At cycle time interval T4, a second access to segment 22 is requested. Since the number of cycles since restoration for the highest priority segment in the time ordered sequence (segment 24) as stored in address age memory 54 is 5, the requested access is allowed. This again accomplishes restoration of segment 22, which has the lowest priority for restoration. The time ordered sequence in address age memory 54 is updated as shown in column T4. At cycle time T5, the number of cycles since restoration of the highest priority segment for restoration now equals 6, and an access is permitted only if a requested access is to an address in segment 24. Whether this is true or not, segment 24 is restored, and the time ordered sequence is updated as shown in column T5. At cycle time interval T6, access to a memory bit in segment 28 is requested, and this access is permitted, with the update of the time ordered sequence as shown in column T6.

It should be recognized that the situation occurring at cycle time interval T5 in FIG. 2, in which a user address request could not be honored in the memory unless the address is within segment 24, will occur relatively infrequently in operation of a memory system incorporating the present invention. For example, in a typical system environment, it has been determined that, with a memory in which one half of the memory operation time is required for restoration and one half is available for using the memory, if the present invention is employed, this ratio can be increased from 50 percent availability and 50 percent unavailability to 90 percent availability and only 10 percent unavailability. Of course, if the memory is not being accessed a significant percentage of the time, this ratio can be increased to a full 100 percent availability through use of a look-ahead refresh as explained previously.

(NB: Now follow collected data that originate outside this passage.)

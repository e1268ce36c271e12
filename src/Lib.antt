-- ===== src/Lib.antt =====
-- ArCsent's web client, the part of the daemon that answers it, and the daemon's scheduler, its
-- detection, its cache of results, its alerting engine, its store and its updater of signatures.
--
-- The client (web/src, TypeScript and React) shows the state of a security daemon (internal,
-- Go). A page keeps its state in `useState`, calls the daemon through the object `api`, and
-- renders a tree of elements from the state. A call goes to the web UI's server, which for paths
-- below /api/ checks the token and passes the request on to the API's server, which checks it
-- again and runs a handler; every other path of the web UI is public. The scheduler runs the
-- scanners; their results go through the detection into a cache, which the handlers read, and
-- their findings into the alerting engine.
--
-- The files, and the code they are about:
--   Api           web/src/lib/api.ts: `getToken`, `setToken`, `fetch`, `fetchText`
--   Api.Types     web/src/lib/api.ts: the interfaces and the call of each endpoint
--   Api.Metrics   web/src/lib/api.ts: `getMetrics`
--   Text, Number, Dict   what these use of JavaScript's strings, numbers and objects
--   Jsx           elements, their attributes, and the clicks and badges of a rendered tree
--   Components    web/src/components and web/src/lib/utils.ts
--   Dashboard     web/src/pages/Dashboard.tsx: `settle` is the `.then`, `.catch` and `.finally` of
--                 a call, `handle` the click handlers, `mount` the first effect; the counts are in
--                 Dashboard.Sources, the formats in Dashboard.Format, the page in Dashboard.View,
--                 and its runs in Dashboard.Steps
--   Scanners      web/src/pages/Scanners.tsx, with Scanners.View and Scanners.Steps
--   Findings      web/src/pages/Findings.tsx, with Findings.View
--   Settings      web/src/pages/Settings.tsx, with Settings.View and Settings.Steps
--   Layout        web/src/Layout.tsx and web/src/App.tsx, with Layout.View
--   Lint          web/eslint.config.js
--   Server.Http   requests, responses and `withAuth` of internal/api/server.go
--   Server.Ui     internal/webui/server.go: `buildHandler` with `withAuthHandler` and `proxyAPI`
--   Server.Mux    `http.ServeMux`, as far as the daemon's routes use it
--   Server.Trigger   `buildHandler` and `handleTrigger` of internal/api/server.go, `RunOnce` of
--                 internal/scheduler/scheduler.go up to its result, and `Get` of
--                 internal/scanner/manager.go
--   Server.Handlers   the other handlers of internal/api/server.go and the rows of its exports
--   Server.Gauge, Server.Gauges, Server.Metrics   `buildMetrics` of internal/api/server.go
--   Config        internal/config/config.go: `Validate`
--   GoStrings     Go's `strings.TrimSpace` and `strings.TrimPrefix`
--   Scheduler     internal/scheduler/scheduler.go: the jobs, `AddJob`, `Start`, `Stop` and
--                 `ReplaceJobs`; configurations and schedules are in Scheduler.Jobs, the attempts of
--                 an execution in Scheduler.Attempts, the saved state in Scheduler.State,
--                 `executeJob` in Scheduler.Execution, its flag against overlaps as a step relation
--                 in Scheduler.Overlap, and sequences of calls in Scheduler.Lifecycle
--   Detection     internal/detection: Detection.Correlation, Detection.Rules, Detection.Baseline with
--                 the operations on a baseline, and Detection.Drift with `Update` and `DetectDrift`
--   Pipeline      internal/daemon/runner.go: the function given to `SetOnResult`
--   Results       internal/state/results.go, with the results of internal/scanner/types.go
--   Alerting      internal/alerting/engine.go: `Send`, `isThrottled`, the worker and `deliver`;
--                 its runs are in Alerting.Steps; the channels of internal/alerting and a delivery
--                 over all of them are in Alerting.Channels
--   Manager       internal/scanner/manager.go: the registry of the plugins
--   Plugins       internal/plugins/system: Plugins.AuthLog is auth_log.go, and Plugins.LoadAverage
--                 the parsing of load_avg.go
--   Storage       internal/storage: `Put`, `Get`, `ForEach` and `Delete` over Badger; the buckets of
--                 the results and of the baselines are in Storage.Buckets, what Badger documents in
--                 Storage.Stored, what `ForEach` visits in Storage.Visits
--   GoPaths       what the daemon uses of Go's path/filepath
--   Signatures    internal/signatures: `HTTPSource.Update` in Signatures.Download, `safeExtractPath` in
--                 Signatures.Paths, `importAirgap` in Signatures.Archives, the updater in
--                 Signatures.Updater and the status in the store in Signatures.Stored
--   System        the client's calls through both servers, with their URLs in System.Urls;
--                 System.Counts is about what the client reads of the cache, System.Shown about
--                 what its findings page shows of it
--   Examples      runs and instances at concrete inputs
--
-- Parameters. The browser's `fetch` is `transport`, from a request to an outcome; the decoding
-- of JSON is `decode`; `clsx` is a function from its values to a class; `Platform` and `Dates`
-- have the parsing and the formats of dates and numbers; the cache of results has a type of
-- times and one of the values that are no strings; `hash` is SHA-256 in hexadecimal and
-- `parse_duration` Go's parsing of durations, `fails` says which attempts of an alert channel
-- fail; `Parsers` has Go's parsing of durations, the parser of cron expressions and Go's
-- quoting, `StateStore` the store of the jobs' states with their encoding, for which
-- `IsFaithful` says what a store that works does and `RoundTrips` that one state survives its
-- encoding; `Pages` has the files of the built client and their serving by net/http; `Evidence`
-- has Go's text of a duration; `Floats` has Go's floating-point numbers, `Numbers` the values
-- that are numbers, `BaselineStore` the store of the baselines with their encoding, and `lower`
-- is `strings.ToLower`; `matches` is wouter's or ESLint's matching; `Encoding` has Go's quoting
-- and JSON strings; `run` is what a plugin's run gives, and `answer`, where only some handlers
-- matter, what the others give; `Forms` has the JSON, CSV and text forms of the handlers'
-- answers; `status_text` is the text of a status. `Badger` has the transactions and the iterator
-- of Badger, for which `IsLawful` says what it documents, and `Codec` is encoding/json on a
-- type; `Outside` has what the alert channels call; `Web` and `Files` have the calls of os,
-- net/http, io, archive and compress, each with a state of the world before and after it.
--
-- Bounds. A number is the exact decimal that its text denotes, where JavaScript stores the nearest
-- double; `is_finite` has the exact bound from which that double is infinite. Go's decimal digits
-- are written with n + 1 steps of fuel for the number n, and n has at most that many digits. Every
-- other function is structural. The counts of a baseline and of a job's failures wrap at 64 bits.
--
-- Assumptions. A React effect runs once, as in a production build, and a run of a page lasts
-- while the page is mounted. Calls settle in any order. Keys of objects are no names of
-- `Object.prototype` and no array indices, so they keep their order; header names are spelled as
-- the client spells them. The URLs of the client need no escapes and have no fragment. A token
-- is a legal header value without white space at its ends. Timers fire in the order of their
-- times. The input of the settings page is the operation `edit`, not an event of the tree; links
-- are elements without events. A method of the daemon that holds a lock throughout is one step;
-- maps that Go visits in any order are visited in the order of insertion. An execution of a job
-- and the handling of its result are one after the other for one job, as the flag against
-- overlaps has it. Badger's iterator meets a snapshot of the database; a directory that is
-- copied does not change meanwhile, and the configuration of the signatures does not change
-- during a run.
--
-- Not modelled: mounting and bundling, the page's reload after a logout, console output, the start
-- and shutdown of the servers, the serving of files, the waiting of a job's goroutine for its
-- timer and the deadlines of its contexts, the opening of the database, the other plugins, and the
-- rest of the daemon (the reading of the configuration, the reload, the command line).
mod Prelude
pub mod Text
pub mod Number
pub mod Dict
pub mod Api
pub mod Server
pub mod GoStrings
pub mod GoPaths
pub mod Scheduler
pub mod Config
pub mod Detection
pub mod Pipeline
pub mod Results
pub mod Alerting
pub mod Jsx
pub mod Components
pub mod Dashboard
pub mod Scanners
pub mod Findings
pub mod Settings
pub mod Layout
pub mod Storage
pub mod Plugins
pub mod Manager
pub mod Signatures
pub mod System
pub mod Lint
mod Examples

FIG. 3 shows in more detailed form a preferred embodiment of restoration control circuitry for a memory system in accordance with the invention, which corresponds generally to restoration control 48 in FIG. 1. As shown, address age memory 54 consists of a plurality of counters 72, with the number of counters being equal to the number of segments in a memory array (not shown) to which the control circuitry is connected. Each counter 72 has one position for each cycle time interval included within the maximum permissible time that a segment of the memory array can retain information without restoration of it, i.e., with M cycle time intervals in that time, counters 72 are modulo M counters. The counters 72 are connected to counter advance line 74 which supplies suitable commands for incrementing each counter one position for each cycle time interval. Comparator 62 has a plurality of M detectors 76, corresponding in number to the number of counters 72. The M detectors detect when any one of the counters 72 reach a value M corresponding to the number of cycles in the restoration interval required for the memory to preserve viability of information stored in it. Each counter 72 is connected to its corresponding M detector 76 by lines 78. Additionally, each counter 72 is connected to compare circuitry 80 by lines 82. Compare circuits 80 are in turn connected by line 83 to address generator 66. Address generator 66 is connected to gate 82 by line 84 and through gate 82 to the memory array (not shown) by lines 86 and 88.

Each M detector 76 is connected to OR circuit 90 by lines 92 and 94. The other input to OR circuit 90 is line 96, which provides a signal if no address is being requested. Output 98 of OR circuit 90 is connected to gate 82 by line 100 and to data inhibit gate 102 by line 104.

Memory status line 92, to which each M detector 76 is connected, is connected to gate 106 by line 108 to the control unit (not shown) for the memory system. Address input line 110 is connected to gate 106, and the output of gate 106 is connected to memory input line 88 and to counters 72 by counter input line 112. Data line 114 is connected to gate 102, the output of which is data output line 116.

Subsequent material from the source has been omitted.